* **Data supplied**
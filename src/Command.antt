-- ===== src/Command.antt =====
-- agent/cmd/agent/admin_commands.go and commands.go: what the commands say, and how they end.
pub mod Told
mod Tests
use docker_mobile.Base.{
  ℕ, ◌+◌, ◌-◌, ◌/◌, Bool, true, false, ◌&&◌, ◌||◌, not, Option, none, some, List, [], ◌∷◌, ◌++◌,
  if◌then◌else◌, Text, codes, ◌==◌, text_eq, Result, ok, err,
}
use docker_mobile.Admin.{Event, event_started, DeviceInfo}
use docker_mobile.Admin.Client.{ClientError, cancelled, stopped, Exchange, ask, pair}
use docker_mobile.Config.Address.{join_host_port}

-- `accessLabel`.
unfoldable pub access_label : Text → Text
access_label role = if role == codes "readonly" then codes "read-only" else codes "full control"

-- What the callback of `cmdPair` keeps: the event that ended the pairing, and whether a code was shown.
pub record Seen : Type 0 where
  pub end : Option Event
  pub shown : Bool

unfoldable pub on_event : Event → Seen → Seen
on_event e s =
    if not (e.event == event_started) then record s { end = some e } else record s { shown = true }

pub on_events : List Event → Seen → Seen
on_events [] s = s
on_events (e ∷ es) s = on_events es (on_event e s)

-- The errors of the command.
pub data CommandError : Type 0 where
  as_client : ClientError → CommandError
  cancelled_before_code cancelled_after_code stopped_after_code : CommandError
  paired_without_device code_expired code_replaced code_voided : CommandError
  not_stored ended_as : Text → CommandError

interrupted : Option ClientError → Bool
interrupted (some cancelled) = true
interrupted e = false

has_stopped : Option ClientError → Bool
has_stopped none = true
has_stopped (some stopped) = true
has_stopped e = false

client_or_stopped : Option ClientError → CommandError
client_or_stopped none = as_client stopped
client_or_stopped (some e) = as_client e

-- `pairEnding` where no event ended the pairing.
unfoldable pub no_ending : Option ClientError → Bool → CommandError
unfolding interrupted has_stopped client_or_stopped
no_ending e shown =
    if not (interrupted e) && not (has_stopped e)
    then client_or_stopped e
    else if not shown
    then (if interrupted e then cancelled_before_code else as_client stopped)
    else if interrupted e
    then cancelled_after_code
    else stopped_after_code

-- The line for a phone that was paired.
pub paired_line : DeviceInfo → Text
paired_line d =
    codes "Paired: "
    ++ (d.name
        ++ (codes " (id "
            ++ (d.id ++ (codes ", " ++ (access_label d.role ++ (codes ")" ++ 10 ∷ []))))))

paired_with : Option DeviceInfo → Result CommandError Text
paired_with none = err paired_without_device
paired_with (some d) = ok (paired_line d)

unfoldable pub of_ending : Event → Result CommandError Text
unfolding paired_with
of_ending e =
    if e.event == codes "paired"
    then paired_with e.device
    else if e.event == codes "expired"
    then err code_expired
    else if e.event == codes "replaced"
    then err code_replaced
    else if e.event == codes "voided"
    then err code_voided
    else if e.event == codes "failed"
    then err (not_stored e.error)
    else err (ended_as e.event)

-- `pairEnding`: what is printed, or the error that the command ends with.
unfoldable pub pair_ending : Option Event → Option ClientError → Bool → Result CommandError Text
pair_ending none e shown = err (no_ending e shown)
pair_ending (some event) e shown = of_ending event

-- The end of `cmdPair`, from what the client hands over.
unfoldable pub cmd_pair :
    (Text → Option Event) → Bool → Text → Exchange (List Text) → Result CommandError Text
unfolding on_events
cmd_pair decode ctx_over path x =
    let (events, e) = pair decode ctx_over path x in
    let s = on_events events (record { end = none; shown = false }) in pair_ending s.end e s.shown

pub data RevokeError : Type 0 where
  one_id_wanted : RevokeError
  refused : ClientError → RevokeError

told_revoked : Result ClientError (DeviceInfo × ℕ) → Result RevokeError (Text × Text × ℕ)
told_revoked (err e) = err (refused e)
told_revoked (ok (d, closed)) = ok (d.name, d.id, closed)

-- `cmdRevoke` with its arguments: the name, the id and the count of its line.
unfoldable pub cmd_revoke :
    Text
    → (Text → Exchange (Option (DeviceInfo × ℕ)))
    → List Text
    → Result RevokeError (Text × Text × ℕ)
unfolding told_revoked
cmd_revoke path send [] = err one_id_wanted
cmd_revoke path send ([] ∷ args) = err one_id_wanted
cmd_revoke path send ((c ∷ id) ∷ []) = told_revoked (ask path (send (c ∷ id)))
cmd_revoke path send ((c ∷ id) ∷ a ∷ args) = err one_id_wanted

-- The address that `cmdHealthcheck` asks: `unspecified` is `ParseIP` with `IsUnspecified`.
unfoldable pub health_address : (Text → Bool) → Bool → Text × Text → Text
health_address unspecified insecure (host, port) =
    let h = if host == [] || unspecified host then codes "127.0.0.1" else host in
    let scheme = if insecure then codes "http" else codes "https" in
    scheme ++ (codes "://" ++ (join_host_port h port ++ codes "/healthz"))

* **Exercise goal**
Print only the lines that run from the start of the listing to the line bearing "client_or_stopped (some e) = as_client e"; please keep the first line and that last one, exactly as they appear.

* **Finished task**
filename src/Command.antt
-- ===== src/Command.antt =====
-- agent/cmd/agent/admin_commands.go and commands.go: what the commands say, and how they end.
pub mod Told
mod Tests
use docker_mobile.Base.{
  ℕ, ◌+◌, ◌-◌, ◌/◌, Bool, true, false, ◌&&◌, ◌||◌, not, Option, none, some, List, [], ◌∷◌, ◌++◌,
  if◌then◌else◌, Text, codes, ◌==◌, text_eq, Result, ok, err,
}
use docker_mobile.Admin.{Event, event_started, DeviceInfo}
use docker_mobile.Admin.Client.{ClientError, cancelled, stopped, Exchange, ask, pair}
use docker_mobile.Config.Address.{join_host_port}

-- `accessLabel`.
unfoldable pub access_label : Text → Text
access_label role = if role == codes "readonly" then codes "read-only" else codes "full control"

-- What the callback of `cmdPair` keeps: the event that ended the pairing, and whether a code was shown.
pub record Seen : Type 0 where
  pub end : Option Event
  pub shown : Bool

unfoldable pub on_event : Event → Seen → Seen
on_event e s =
    if not (e.event == event_started) then record s { end = some e } else record s { shown = true }

pub on_events : List Event → Seen → Seen
on_events [] s = s
on_events (e ∷ es) s = on_events es (on_event e s)

-- The errors of the command.
pub data CommandError : Type 0 where
  as_client : ClientError → CommandError
  cancelled_before_code cancelled_after_code stopped_after_code : CommandError
  paired_without_device code_expired code_replaced code_voided : CommandError
  not_stored ended_as : Text → CommandError

interrupted : Option ClientError → Bool
interrupted (some cancelled) = true
interrupted e = false

has_stopped : Option ClientError → Bool
has_stopped none = true
has_stopped (some stopped) = true
has_stopped e = false

client_or_stopped : Option ClientError → CommandError
client_or_stopped none = as_client stopped
client_or_stopped (some e) = as_client e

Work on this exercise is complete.